**YOUR OBJECTIVE:** For each line below that holds "omega", return the line as it stands.

====== THE DATA ======

-- ===== src/Drive/Stable.antt =====
-- What a client may rely on: a handle leads back to its path, and stays the same.
use net_mount.Base.{
  ℕ, zero, suc, ◌+◌, ◌≤◌, ◌<◌, ◌≡◌, ◌≢◌, refl, ap, sym, subst, ◌∙◌, List, [], ◌∷◌, false, arith,
  length, set, Option, some, none, get_elem?, get_elem?-set_ne, map,
}
use net_mount.Drive.{
  FsPath, is_empty, Item, found, scan_items, get_item_or_blank, next_free, next_oldest, allocate,
  get_handle, get_item, get_handle_path,
}
use net_mount.Drive.Table.{paths, path_at, IsFirstAt, scan_items-paths, eq-of-path_eq}
use net_mount.Drive.Handles.{get_handle-IsStored, length-paths}

get_elem?-IsFirstAt :
    (p : FsPath) (items : List Item) (h : ℕ)
    → IsFirstAt p (paths items) h
    → (x : Item) × (get_elem? items h ≡ some x) × (x.path ≡ p)
get_elem?-IsFirstAt p [] h first = absurd first
get_elem?-IsFirstAt p (x ∷ xs) zero first = (x, refl, eq-of-path_eq x.path p first)
get_elem?-IsFirstAt p (x ∷ xs) (suc h) (other, first) = get_elem?-IsFirstAt p xs h first

is_empty_ne : (p : FsPath) → p ≢ [] → is_empty p ≡ false
is_empty_ne [] ne = absurd (ne refl)
is_empty_ne (x ∷ xs) ne = refl

get_item-IsFirstAt :
    (p : FsPath) (items : List Item) (h : ℕ)
    → p ≢ []
    → IsFirstAt p (paths items) h
    → (x : Item) × (get_item items h ≡ some x) × (x.path ≡ p)
unfolding get_item
get_item-IsFirstAt p items h ne first =
    let (x, at_h, same) = get_elem?-IsFirstAt p items h first in
    let used : is_empty x.path ≡ false =
      subst (λ q. is_empty q ≡ false) (sym same) (is_empty_ne p ne) in
    (x, rw at_h (rw used refl), same)

scan_items-found :
    (now : ℕ) (p : FsPath) (handle : ℕ) (free : Option ℕ) (best : ℕ × ℕ) (items : List Item) (d : ℕ)
    → IsFirstAt p (paths items) d
    → (scan_items now p handle free best items).1 ≡ found (handle + d)
unfolding scan_items
scan_items-found now p handle free best [] d first = absurd first
scan_items-found now p handle free best (x ∷ xs) zero first =
    let here : handle ≡ handle + 0 = omega arith in rw first (ap found here)
scan_items-found now p handle free best (x ∷ xs) (suc d) (other, first) =
    let there : suc handle + d ≡ handle + suc d = omega arith in
    rw other (
      scan_items-found now p (suc handle) (next_free handle x.path free)
        (next_oldest handle x free best) xs d first
      ∙ ap found there)

get_handle-known :
    (now : ℕ) (p : FsPath) (items : List Item) (d : ℕ)
    → IsFirstAt p (paths items) d
    → ((get_handle now p items).0 ≡ d) × (paths (get_handle now p items).1 ≡ paths items)
unfolding get_handle allocate
get_handle-known now p items d first =
    let best : ℕ × ℕ = (0, (get_item_or_blank items 0).last_used_time) in
    let scanned = (scan_items now p 0 none best items).0 in
    let at_d : found d ≡ (scan_items now p 0 none best items).1 =
      sym (scan_items-found now p 0 none best items d first ∙ ap found (plain d)) in
    subst
      (λ r.
        ((allocate now p (scanned, r)).0 ≡ d)
        × (paths (allocate now p (scanned, r)).1 ≡ paths items))
      at_d (refl, scan_items-paths now p 0 none best items)
  where
    plain : (d : ℕ) → 0 + d ≡ d
    plain d = omega arith

-- What `get_handle_path` gives for a handle of a table: the path, and a table with the same paths that
-- differs from the one before in no item but the handle's, which keeps its directory list.
abbrev pub LeadsTo : FsPath → List Item → ℕ → Option (FsPath × List Item) → Type 0
LeadsTo p before handle none = ⊥
LeadsTo p before handle (some (q, after)) =
    (q ≡ p)
    × (paths after ≡ paths before)
    × ((k : ℕ) → k ≢ handle → get_elem? after k ≡ get_elem? before k)
    × (map (λ (item : Item). item.directory_list) after
        ≡ map (λ (item : Item). item.directory_list) before)

-- A new item with the same field in place of the old one.
map-set_same :
    {A : Type 0} (f : Item → A) (items : List Item) (h : ℕ) (x y : Item)
    → get_elem? items h ≡ some x
    → f y ≡ f x
    → map f (set items h y) ≡ map f items
map-set_same f [] h x y at same = refl
map-set_same f (z ∷ zs) zero x y at same =
    let e : z ≡ x = ground (arith, at) in ap (λ a. a ∷ map f zs) (same ∙ ap f (sym e))
map-set_same f (z ∷ zs) (suc h) x y at same = ap (λ l. f z ∷ l) (map-set_same f zs h x y at same)

get_handle_path-LeadsTo :
    (later : ℕ) (p : FsPath) (items : List Item) (h : ℕ)
    → p ≢ []
    → IsFirstAt p (paths items) h
    → LeadsTo p items h (get_handle_path later items h)
unfolding get_handle_path get_item
get_handle_path-LeadsTo later p items h ne first =
    let (x, at_h, same) = get_elem?-IsFirstAt p items h first in
    let used : is_empty x.path ≡ false =
      subst (λ q. is_empty q ≡ false) (sym same) (is_empty_ne p ne) in
    let next = record x { last_used_time = later } in
    rw at_h (
      rw used (
        same,
        map-set_same (λ item. item.path) items h x next at_h refl,
        (λ k away. get_elem?-set_ne items h k next (λ e. away (sym e))),
        map-set_same (λ item. item.directory_list) items h x next at_h refl,
      ))

module _ (now : ℕ) (p : FsPath) (items : List Item) (ne : p ≢ [])
    (size : length items ≤ 65535) where
  -- The handle that a path gets leads back to the path: `get_handle_path` finds the path, at any
  -- later time, and leaves all paths of the table and every other item as they are. The handle is
  -- below 65535, and the table has at most 65535 items. The path is not empty, and the table had at
  -- most 65535 items.
  pub get_handle_path-get_handle :
      (later : ℕ)
      → LeadsTo p
          (get_handle now p items).1
          (get_handle now p items).0
          (get_handle_path later (get_handle now p items).1 (get_handle now p items).0)
        × ((get_handle now p items).0 < 65535)
        × (length (get_handle now p items).1 ≤ 65535)
  get_handle_path-get_handle later =
      let (first, low, bound, others) = get_handle-IsStored now p items ne size in
      (
        get_handle_path-LeadsTo later p (get_handle now p items).1 (get_handle now p items).0 ne
            first,
        low,
        omega (arith, bound, length-paths (get_handle now p items).1),
      )

  -- A path that is looked up again, at any later time, has the same handle, and the table has the
  -- same paths. The path is not empty, and the table had at most 65535 items.
  pub get_handle_twice :
      (later : ℕ)
      → ((get_handle later p (get_handle now p items).1).0 ≡ (get_handle now p items).0)
        × (paths (get_handle later p (get_handle now p items).1).1
            ≡ paths (get_handle now p items).1)
  get_handle_twice later =
      let (first, _, _, _) = get_handle-IsStored now p items ne size in
      get_handle-known later p (get_handle now p items).1 (get_handle now p items).0 first

  -- All other handles keep their paths. The path is not empty, and the table had at most 65535
  -- items.
  pub get_handle_others :
      (k : ℕ)
      → k ≢ (get_handle now p items).0
      → k < length items
      → path_at (paths (get_handle now p items).1) k ≡ path_at (paths items) k
  get_handle_others k away in_range =
      let (_, _, _, others) = get_handle-IsStored now p items ne size in
      others k away (omega (arith, in_range, length-paths items))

======

**REPLY:**
    let here : handle ≡ handle + 0 = omega arith in rw first (ap found here)
    let there : suc handle + d ≡ handle + suc d = omega arith in
    plain d = omega arith
        omega (arith, bound, length-paths (get_handle now p items).1),
      others k away (omega (arith, in_range, length-paths items))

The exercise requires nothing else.